Thankfully, two particularly promising advancements currently being explored could revolutionise biological drug delivery: liquid-based delivery and inhalation.
Inhalation Delivery
Inhalers for conditions like asthma have been around for years. However, formulating drugs for inhalers typically requires a lot of energy and, therefore, heat as well as solvents. While this isn’t a problem for most synthetic drugs, biological drugs are much more sensitive to heat and solvents. As a result, traditional inhalation manufacturing methods don’t lend themselves to formulating biologics drugs.
Additionally, the majority of inhalation drugs are low-dose compounds, making it easier to reliably measure and deliver the correct dose into the lungs. For more potent or high-dose drugs, it can be a challenge to ensure that the right dose is delivered and, importantly, absorbed in the lungs. If the molecule is too light, it will simply be exhaled, if it’s too heavy it might not be absorbed.
An interesting approach being developed by Aston Particle Technologies uses isothermal dry particle coating technology to blend potent and high-dose biologics into inhalation formulas at ambient temperatures. No additional heat and no solvents are required, making it the ideal candidate for delivering biologics via inhalers.
The approach is also simpler than other methods of formulating high-dose drugs as it doesn’t require a complex multi-stage process, helping accelerate drug development and route to market timelines while reducing costs. The fact that it doesn’t use excessive energy or solvents means it is also more environmentally friendly as well.
Liquid-Based Delivery
One common way to deliver synthetic drugs is via the gut (the buccal system). Over the years, the pharmaceutical industry has developed reliable ways to transport drugs to the gut without being damaged by stomach acid. The main difficulty with biological drugs, however, is that they tend to be much larger compounds, which are harder to absorb in the gut.

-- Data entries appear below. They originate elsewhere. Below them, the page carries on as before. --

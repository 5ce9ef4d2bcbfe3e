-- ===== src/Arena/Life.antt =====
-- The life of a payload of src/arena.rs: it reads back until the reservations behind it lap it.
use ringfire.Prelude.{
  ℕ, ◌+◌, ◌*◌, ◌%◌, ◌^◌, ◌≤◌, ◌<◌, ◌≡◌, refl, sym, ap, ◌∙◌, subst, true, false, ◌⊎◌, inl, inr,
  arith, Option, none, some, List, [], ◌∷◌, All, length, Bool-cases, some-injective,
}
use ringfire.Errors.{Result, ok, err}
use ringfire.Arena.{BlobRef, PayloadArena, is_lapped, write_blob, read_blob}
use ringfire.Arena.Reserve.{IsArena, IsAligned}
use ringfire.Arena.Blobs.{
  IsHeld, Fits, arena_after, ref_of, placed, write_blob-eq, arena_after-IsArena, write_blob-IsHeld,
  IsHeld-read, IsHeld-survives,
}

abbrev pub go_on_writing :
    (PayloadArena → Option PayloadArena)
    → Option (Result BlobRef × PayloadArena)
    → Option PayloadArena
go_on_writing f none = none
go_on_writing f (some (err e, a)) = none
go_on_writing f (some (ok r, a)) = f a

-- Writes one payload after the other.
pub write_blobs : PayloadArena → List (List ℕ) → Option PayloadArena
write_blobs a [] = some a
write_blobs a (d ∷ ds) = go_on_writing (λ b. write_blobs b ds) (write_blob a d 0)

-- Room for `reserved` to grow without wrapping.
abbrev pub room_for : ℕ → List (List ℕ) → ℕ
room_for capacity [] = 2 * capacity + 64
room_for capacity (d ∷ ds) = 2 * capacity + 64 + room_for capacity ds

abbrev pub HasRoomFor : PayloadArena → List (List ℕ) → Type 0
HasRoomFor a ds = (a.reserved % 64 ≡ 0) × (a.reserved + room_for a.capacity ds < 2 ^ 64)

room_for-min : (c : ℕ) (ds : List (List ℕ)) → 2 * c + 64 ≤ room_for c ds
room_for-min c [] = omega arith
room_for-min c (d ∷ ds) = omega (arith, room_for-min c ds)

aligned : (a : PayloadArena) (ds : List (List ℕ)) → HasRoomFor a ds → IsAligned a.reserved a
aligned a ds h = (h.0, omega (arith, room_for-min a.capacity ds, h.1))

room_after :
    (a : PayloadArena) (d : List ℕ) (ds : List (List ℕ))
    → IsArena a
    → Fits a d
    → HasRoomFor a (d ∷ ds)
    → HasRoomFor (arena_after a d) ds
room_after a d ds i f h =
    let p = placed a d i (aligned a (d ∷ ds) h) f in (p.next_aligned, omega arith)

-- What every write keeps, whichever reference is looked at.
record IsLater (a b : PayloadArena) : Type 0 where
  pub capacity_eq : b.capacity ≡ a.capacity
  pub reserved_le : a.reserved ≤ b.reserved

writes :
    (a : PayloadArena) (ds : List (List ℕ))
    → IsArena a
    → HasRoomFor a ds
    → All (Fits a) ds
    → (b : PayloadArena) × (write_blobs a ds ≡ some b) × IsLater a b
unfolding write_blobs
writes a [] i h f = (a, refl, record { capacity_eq = refl; reserved_le = omega arith })
writes a (d ∷ ds) i h f =
    let p = placed a d i (aligned a (d ∷ ds) h) f.0 in
    let (b, eq, l) =
      writes (arena_after a d) ds (arena_after-IsArena a d i) (room_after a d ds i f.0 h) f.1 in
    (
      b,
      ap (go_on_writing (λ b. write_blobs b ds)) (write_blob-eq a d 0 f.0) ∙ eq,
      record { capacity_eq = l.capacity_eq; reserved_le = omega arith },
    )

fresh_before :
    (a b : PayloadArena) (r : BlobRef) → IsLater a b → is_lapped b r ≡ false → is_lapped a r ≡ false
unfolding is_lapped
fresh_before a b r l h = ground arith

outlives :
    (a : PayloadArena) (ds : List (List ℕ)) (r : BlobRef) (d : List ℕ) (b : PayloadArena)
    → IsArena a
    → HasRoomFor a ds
    → All (Fits a) ds
    → IsHeld a r d
    → write_blobs a ds ≡ some b
    → is_lapped b r ≡ false
    → IsHeld b r d × IsArena b
unfolding write_blobs
outlives a [] r d b i h f held eq fresh =
    subst (λ x. IsHeld x r d × IsArena x) (some-injective _ _ eq) (held, i)
outlives a (x ∷ xs) r d b i h f held eq fresh =
    let a' = arena_after a x in
    let h' = room_after a x xs i f.0 h in
    let i' = arena_after-IsArena a x i in
    let eq' : write_blobs a' xs ≡ some b =
      sym (ap (go_on_writing (λ b. write_blobs b xs)) (write_blob-eq a x 0 f.0)) ∙ eq in
    let (b', eq'', l) = writes a' xs i' h' f.1 in
    let same = some-injective _ _ (sym eq'' ∙ eq') in
    let fresh' = fresh_before a' b' r l (subst (λ y. is_lapped y r ≡ false) (sym same) fresh) in
    outlives a' xs r d b i' h' f.1
      (IsHeld-survives a r d x i (aligned a (x ∷ xs) h) f.0 held fresh') eq' fresh

-- A payload is written and then any number of others, one writer at a time, all no longer than the
-- capacity and the 32-bit length, into an arena whose 64-bit `reserved` has room for them: every write
-- succeeds, and in the end the first payload reads back whole, unless `is_lapped` says that it is gone.
pub write_blob-outlives :
    (a : PayloadArena) (d : List ℕ) (flags : ℕ) (later : List (List ℕ)) (out_len : ℕ)
    → IsArena a
    → HasRoomFor a (d ∷ later)
    → All (Fits a) (d ∷ later)
    → length d ≤ out_len
    → (r : BlobRef) × (a' : PayloadArena) × (b : PayloadArena) × (write_blob a d flags
        ≡ some (ok r, a'))
      × (write_blobs a' later ≡ some b)
      × ((is_lapped b r ≡ true) ⊎ (read_blob b r out_len ≡ ok d))
write_blob-outlives a d flags later out_len i h f out =
    let a' = arena_after a d in
    let r = ref_of a d flags in
    let i' = arena_after-IsArena a d i in
    let h' = room_after a d later i f.0 h in
    let (b, eq, l) = writes a' later i' h' f.1 in
    let held = write_blob-IsHeld a d flags i (aligned a (d ∷ later) h) f.0 in
    (
      r,
      a',
      b,
      write_blob-eq a d flags f.0,
      eq,
      elim (Bool-cases (is_lapped b r)) [
        | inl gone ↦ inl gone
        | inr fresh ↦
            let (held', j) = outlives a' later r d b i' h' f.1 held eq fresh in
            inr (IsHeld-read b r d out_len j held' f.0.0 out)
      ],
    )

One approach being developed by Max Bio+ is to use a unique combination of polymers and lipids to create a liquid-based delivery system for biological drugs. This composite system creates nanostructures that hold and disperse biologics in an aqueous solution, such as water. The result is the creation of nano-particulates that can permeate across multiple cell layers into the bloodstream via the buccal route (gut).
What’s more, this unique combination of polymers and lipids has been found to create a synergistic effect with biological drugs, increasing their potency.
The application of this approach could be incredibly broad, offering a stable oral liquid form of important drugs, such as insulin. So, rather than diabetics needing to inject insulin several times a day, they could simply drink a shot of insulin when required.
Other applications could also include drugs that are otherwise insoluble in water, such as CBD which binds to fats and is often found as oils. Instead of requiring often unpalatable emulsifiers to mix these compounds into other water-based liquids, they can be added at higher concentrations without sacrificing flavour. The result could be more potent CBD-based drinks and foods, including alcoholic beverages.
The Future
Six out of the past ten new FDA-approved drugs have been biologics, demonstrating how much things are changing. We are on the cusp of a transformative wave of biological drugs. It is exciting to think of how biologics will transform lives over the next decade and beyond.